Prove that $\frac{n^2}{2} - 3n = \Theta(n^2)$ The question is,

Prove that $\frac{n^2}{2} - 3n = \Theta(n^2)$.

I understand that to do this I must determine positive constants $c_1$, $c_2$, and $n_0$ such that
$$c_1n^2 \leq \frac{n^2}{2} - 3n  \leq c_2n^2$$
I simplified by dividing by $n^2$ which left
$$c_1 \leq \frac{1}{2} - \frac{3}{n} \leq c_2$$
The book I am following along with says "We can make the right-hand inequality hold for any value of $n \geq 1$ by choosing any constant $c_2 \geq \frac{1}{2}$. Likewise, we can make the left-hand inequality hold for any value of $n \geq 7$ by choosing any constant $c_1 \leq \frac{1}{14}$."

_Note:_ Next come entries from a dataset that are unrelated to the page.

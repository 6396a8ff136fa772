-- ===== src/Scheduler/Recover.antt =====
-- One sweep of `recover_stale_claimed_jobs` in src/notify_queue/scheduler/scheduler.py.
pub mod Rows
use notify_queue.Base.{
  ℕ, ◌+◌, ◌≡◌, refl, sym, subst, ap, ◌∙◌, Bool, true, false, some, List, map, arith, ◌==◌, leb, All,
  All-map, All-map_list, All-select, any, any-map, select,
}
use notify_queue.Schema.{Job}
use notify_queue.Schema.Table.{
  find_job, All-find, update_where, IsRow, All-IsRow, Unique, update_rows, any-select,
  find_job-update_rows, updated,
}
use notify_queue.Settings.{Settings}
use notify_queue.Redis.{Redis}
use notify_queue.Statements.Scheduler.{
  is_stale_claim, recovered_job, recover_stale_claimed, update_jobs,
}
use notify_queue.Effects.{Command, pure}
use notify_queue.Effects.Run.{Moment, World, run, perform}
use notify_queue.Effects.Fine.{next, run-call}
use notify_queue.Effects.Clean.{IsClean, next-IsClean, Done-world, Done, From, From-pure, From-bind}
use notify_queue.Consistency.{IsConsistent, has_letter, Lettered}
use notify_queue.System.Safety.{run-IsConsistent}
use notify_queue.Scheduler.Recover.Rows.{Dead, Live, Fate, recover_rows-Fate, recover_rows-Live}
use notify_queue.Scheduler.{recover_rows, ids, recover_stale_claimed_jobs}
use notify_queue.Lifecycle.Outcomes.{recovered}

-- The rows that the statement returns for the job `j` are its row as recovered.
returned_same :
    (p : Job → Bool) (now : ℕ) (js : List Job) (j : Job)
    → Unique js
    → IsRow js j
    → All (λ b. b.id ≡ j.id → b ≡ recovered_job now j) (map (recovered_job now) (select p js))
returned_same p now js j u row =
    All-map_list (λ b. b.id ≡ j.id → b ≡ recovered_job now j) (recovered_job now) (select p js)
      (All-map (select p js) (λ b h e. ap (recovered_job now) (one_row b h.0 e))
        (All-select (IsRow js) p js (All-IsRow js u)))
  where
    one_row : (b : Job) → IsRow js b → b.id ≡ j.id → b ≡ j
    one_row b found same = ground arith

module _ {Q L C : Type 0} (redis : Redis Q L C) (settings : Settings) where
  -- The sweep over servers that do not fail, where each POST of a webhook is answered or fails by an
  -- httpx.HTTPError, and by no other error of the client such as httpx.InvalidURL: a claimed job whose
  -- last heartbeat is older than the timeout counts one attempt more; if that was its last, it is
  -- dead-lettered, with its row in the dead-letter queue, and else it is pending again, with no worker.
  -- The tables are consistent before.
  pub recover_stale_claimed_jobs-row :
      (s : ℕ → Moment) (w : World Q L C) (j : Job)
      → IsClean s
      → IsConsistent w.database
      → IsRow w.database.jobs j
      → is_stale_claim settings.heartbeat_timeout (s 0).now j ≡ true
      → let r = recovered (s 0).now j in
        let w' = (run redis s (recover_stale_claimed_jobs settings) w).1 in
        (leb j.max_attempts (j.attempt_count + 1) ≡ true
          → Dead redis settings r refl w' × (has_letter w'.database.dead_letter_queue j.id ≡ true))
        × (leb j.max_attempts (j.attempt_count + 1) ≡ false
            → find_job j.id w'.database.jobs ≡ some r)
  unfolding recover_stale_claimed_jobs perform recover_stale_claimed update_jobs update_where
  recover_stale_claimed_jobs-row s w j h consistent row stale = (
    λ last.
        let dead = swept (Dead redis settings r refl) (dies last) in
        (
          dead,
          All-find (Lettered ended.database.dead_letter_queue) j.id ended.database.jobs
              kept.lettered dead.1,
        ),
    λ more.
        swept (Live redis settings r refl)
          (recover_rows-Live redis settings r refl rows w1 more same live),
  )
    where
      old : Job → Bool
      old = is_stale_claim settings.heartbeat_timeout (s 0).now

      r : Job
      r = recovered (s 0).now j

      rows : List Job
      rows = map (recovered_job (s 0).now) (select old w.database.jobs)

      w1 : World Q L C
      w1 = record w {
        database = record w.database {
          jobs = update_rows old (recovered_job (s 0).now) w.database.jobs;
        };
      }

      live : Live redis settings r refl w1
      live =
          find_job-update_rows old (recovered_job (s 0).now) (λ _. refl) j.id w.database.jobs
          ∙ ap (updated old (recovered_job (s 0).now)) row
          ∙ rw stale

      same : All (λ b. b.id ≡ r.id → b ≡ r) rows
      same = returned_same old (s 0).now w.database.jobs j consistent.unique row

      ended : World Q L C
      ended = (run redis s (recover_stale_claimed_jobs settings) w).1

      kept : IsConsistent ended.database
      kept = run-IsConsistent redis s (recover_stale_claimed_jobs settings) w consistent

      found : any (λ b. b.id == j.id) rows ≡ true
      found =
          any-map (λ b. b.id == j.id) (recovered_job (s 0).now) (select old w.database.jobs)
          ∙ any-select old j.id w.database.jobs row stale

      dies :
          leb j.max_attempts (j.attempt_count + 1) ≡ true
          → From redis w1 (recover_rows settings rows) (λ _. Dead redis settings r refl)
      dies last =
          subst
            (λ m. From redis w1 (recover_rows settings rows) (λ _. Fate redis settings r refl m))
            found (recover_rows-Fate redis settings r refl rows false w1 last same live)

      swept :
          (R : World Q L C → Type 0) → From redis w1 (recover_rows settings rows) (λ _. R) → R ended
      swept R from = Done-world redis R (run redis s (recover_stale_claimed_jobs settings) w) (
          subst (Done (λ _. R))
            (sym (
              run-call redis s (Command.recover_stale_claimed settings.heartbeat_timeout) _ w
                (h.0 0)))
            (From-bind redis (λ _. R) (λ _. R) w1 (recover_rows settings rows)
              (λ _. pure (ids rows)) from (λ _ v e. From-pure redis (λ _. R) v (ids rows) e)
              (next s) (next-IsClean s h)))
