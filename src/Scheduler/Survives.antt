-- ===== src/Scheduler/Survives.antt =====
-- The loop of src/notify_queue/scheduler/__main__.py under failures.
use notify_queue.Base.{ℕ, zero, suc}
use notify_queue.Settings.{Settings}
use notify_queue.Redis.{Redis}
use notify_queue.Effects.Run.{Moment, World, run}
use notify_queue.Effects.Survives.{
  IsOk, Survives, pure-Survives, sleep-Survives, catch-Survives, bind-Survives,
}
use notify_queue.Scheduler.{sweeps, tick, scheduler_loop}

module _ {Q L C : Type 0} (redis : Redis Q L C) where
  tick-Survives : (settings : Settings) → Survives redis (tick settings)
  unfolding tick
  tick-Survives settings = catch-Survives redis (sweeps settings) _ (λ _. pure-Survives redis tt)

  loop-Survives :
      (rounds : ℕ) (settings : Settings) → Survives redis (scheduler_loop rounds settings)
  unfolding scheduler_loop
  loop-Survives zero settings = pure-Survives redis tt
  loop-Survives (suc rounds) settings =
      bind-Survives redis (tick settings) _ (tick-Survives settings) (λ _.
        bind-Survives redis _ _ (sleep-Survives redis settings.scheduler_poll_interval)
          (λ _. loop-Survives rounds settings))

  -- No failure kills a scheduler: whatever its servers do, the loop goes through all its rounds and
  -- ends without an exception.
  pub scheduler_loop-Survives :
      (rounds : ℕ) (settings : Settings) (s : ℕ → Moment) (w : World Q L C)
      → IsOk (run redis s (scheduler_loop rounds settings) w).0
  scheduler_loop-Survives = loop-Survives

I understand that there are other choices for the constants but I'm not sure of a method for determining them. What general procedure should I use for determining these other than guess and check? 
 A: What you did so far was good. Then, to determine an exact choice for the constants $c_1$ and $c_2$, you should think carefully about the expression, in this case
$$
\frac{1}{2} - \frac{3}{n}.
$$
As $n$ gets larger, what does this sequence do? Well, it gets closer and closer to $\frac12$. And it only increases; it gets closer to $\frac12$ from below.
That means we can pick the upper bound $c_2 = \frac12$. And since it increases, we can pick the lower bound $c_1$ to be the $n$th term for some suitably large $n$. In the book, they picked $n = 7$ to get $\frac{1}{2} - \frac{3}{7} = \frac{1}{14}$ as the lower bound.
A: Your task doesn't really require you to specify the constants. One approach for the solution would be to state that the sequence
$$ \frac{1}{2} - \frac{3}{n} $$
converges to the constant $ \frac{1}{2} $. This means that for any $ \varepsilon > 0 $ there exists $ N(\varepsilon)$ such that $ \frac{1}{2} - \varepsilon < \frac{1}{2} - \frac{3}{n} < \frac{1}{2} + \varepsilon $ for $n > N(\varepsilon) $, which gives you the two constans for all sufficiently large $ n $ (i.e. larger than $ N(\varepsilon) $)